The Weighted Borda Fuse algorithm (WBF) performs an aggregation considering the weighted mean rank of a node in all primary rankings. This means that, if a node is ranked high in many primary rankings, it will also be ranked high in the aggregated ranking. This algorithm does not consider the actual scores of the nodes that underlie the primary rankings. It can thus be used to aggregate rankings that are based on scores that are not normalized to be on the same scale. Formally, given weights $$w(\phi), \forall \phi\in\Phi$$, WBF calculates for each $$v \in V_c$$ a new score $$sc(v)=\sum_{\phi\in\Phi}|V_c|+1-w(\phi)\phi(v)$$ and then ranks the nodes in decreasing order of $$sc$$. The lower $$sc$$, the higher the rank.

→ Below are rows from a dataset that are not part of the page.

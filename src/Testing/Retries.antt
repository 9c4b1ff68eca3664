-- ===== src/Testing/Retries.antt =====
-- pkg/testing/util/kubernetes.go: a predicate that is tried until it holds.
use old_broker_repo.Prelude.{
  ℕ, zero, suc, ◌*◌, ◌<◌, Bool, true, false, if◌then◌else◌, ◌≡◌, inl, inr, refl, arith, Bool-cases,
  ap,
}

module _ {W : Type 0} (f : W → Bool × W) (sleep : ℕ → W → W) where
  -- The tries that are left, and the interval in milliseconds; whether the predicate held in the end,
  -- where `t.Errorf` is called if it did not.
  unfoldable pub eventually_from : ℕ → ℕ → W → Bool × W
  eventually_from zero interval w = (false, w)
  eventually_from (suc left) interval w =
      let (holds, w') = f w in
      let rest = eventually_from left (2 * interval) (sleep interval w') in
      if holds then (true, w') else rest

  unfoldable pub eventually : W → Bool × W
  unfolding eventually_from
  eventually w = eventually_from 10 64 w

  -- Tries at which the predicate does not hold, each with a sleep, twice as long as the last one.
  pub data Failed : ℕ → ℕ → W → W → Type 0 where
    start : {interval : ℕ} {w : W} → Failed 0 interval w w
    try :
        {k interval : ℕ} {w w₁ w₂ : W}
        → f w ≡ (false, w₁)
        → Failed k (2 * interval) (sleep interval w₁) w₂
        → Failed (suc k) interval w w₂

  -- The end: the predicate holds at one of the tries, or none is left.
  pub data Outcome (left k : ℕ) (v : W) : Bool × W → Type 0 where
    held : {w : W} → k < left → f v ≡ (true, w) → Outcome left k v (true, w)
    given_up : k ≡ left → Outcome left k v (false, v)

  suc-Outcome :
      (left k : ℕ) (v : W) (r : Bool × W) → Outcome left k v r → Outcome (suc left) (suc k) v r
  suc-Outcome left k v r (held p e) = held (omega arith) e
  suc-Outcome left k v r (given_up p) = given_up (omega arith)

  eventually_from-Outcome :
      (left interval : ℕ) (w : W)
      → (k : ℕ) × (v : W) × Failed k interval w v
        × Outcome left k v (eventually_from left interval w)
  unfolding eventually_from
  eventually_from-Outcome zero interval w = (0, w, start, given_up refl)
  eventually_from-Outcome (suc left) interval w =
      let w₁ = (f w).1 in
      elim (Bool-cases (f w).0) [
        | inl p ↦ (0, w, start, rw (eventually_from, p) (held (omega arith) (ap (λ b. (b, w₁)) p)))
        | inr p ↦
            let (k, v, d, o) = eventually_from-Outcome left (2 * interval) (sleep interval w₁) in
            (
              suc k,
              v,
              try (ap (λ b. (b, w₁)) p) d,
              rw (eventually_from, p) (suc-Outcome left k v _ o),
            )
      ]

  -- Eventually ends after at most ten tries of the predicate: after each at which it does not hold
  -- there is a sleep, of 64 milliseconds and then twice as long each time; it says that the
  -- predicate held exactly if it held at one of the ten tries, and nothing is tried after that.
  eventually-Outcome : (w : W) → (k : ℕ) × (v : W) × Failed k 64 w v × Outcome 10 k v (eventually w)
  unfolding eventually
  eventually-Outcome w = eventually_from-Outcome 10 64 w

The Weighted AddScore Fuse algorithm (WASF) ranks nodes in the aggregation according to the weighted sum of their scores in the primary rankings. If the scores underlying the primary rankings are on comparable scales, this allows for a more accurate aggregation than the Weighted Borda Fuse algorithm. Formally, given weights $$w(\phi),\forall\phi\in\Phi$$, WASF calculates for each $$v \in V_c$$ a new score $$sc(v)=\sum_{\phi\in\Phi}w(\phi)\hat{\phi}(v)$$, where $$\hat{\phi}(v)$$ is the score of $$v$$ in $$\phi$$, and then ranks the nodes in increasing order of $$sc$$.

The MaxRank Fuse algorithm (MRF) assigns each node the highest rank it has achieved in any primary ranking. This means that, if $$v$$ achieved a high rank in any primary ranking, it will also be on a high rank in the aggregated ranking. MRF is an useful algorithm if one is interested in nodes that are very important with regard to some centrality measure but do not have to attain high values with regard to all measures.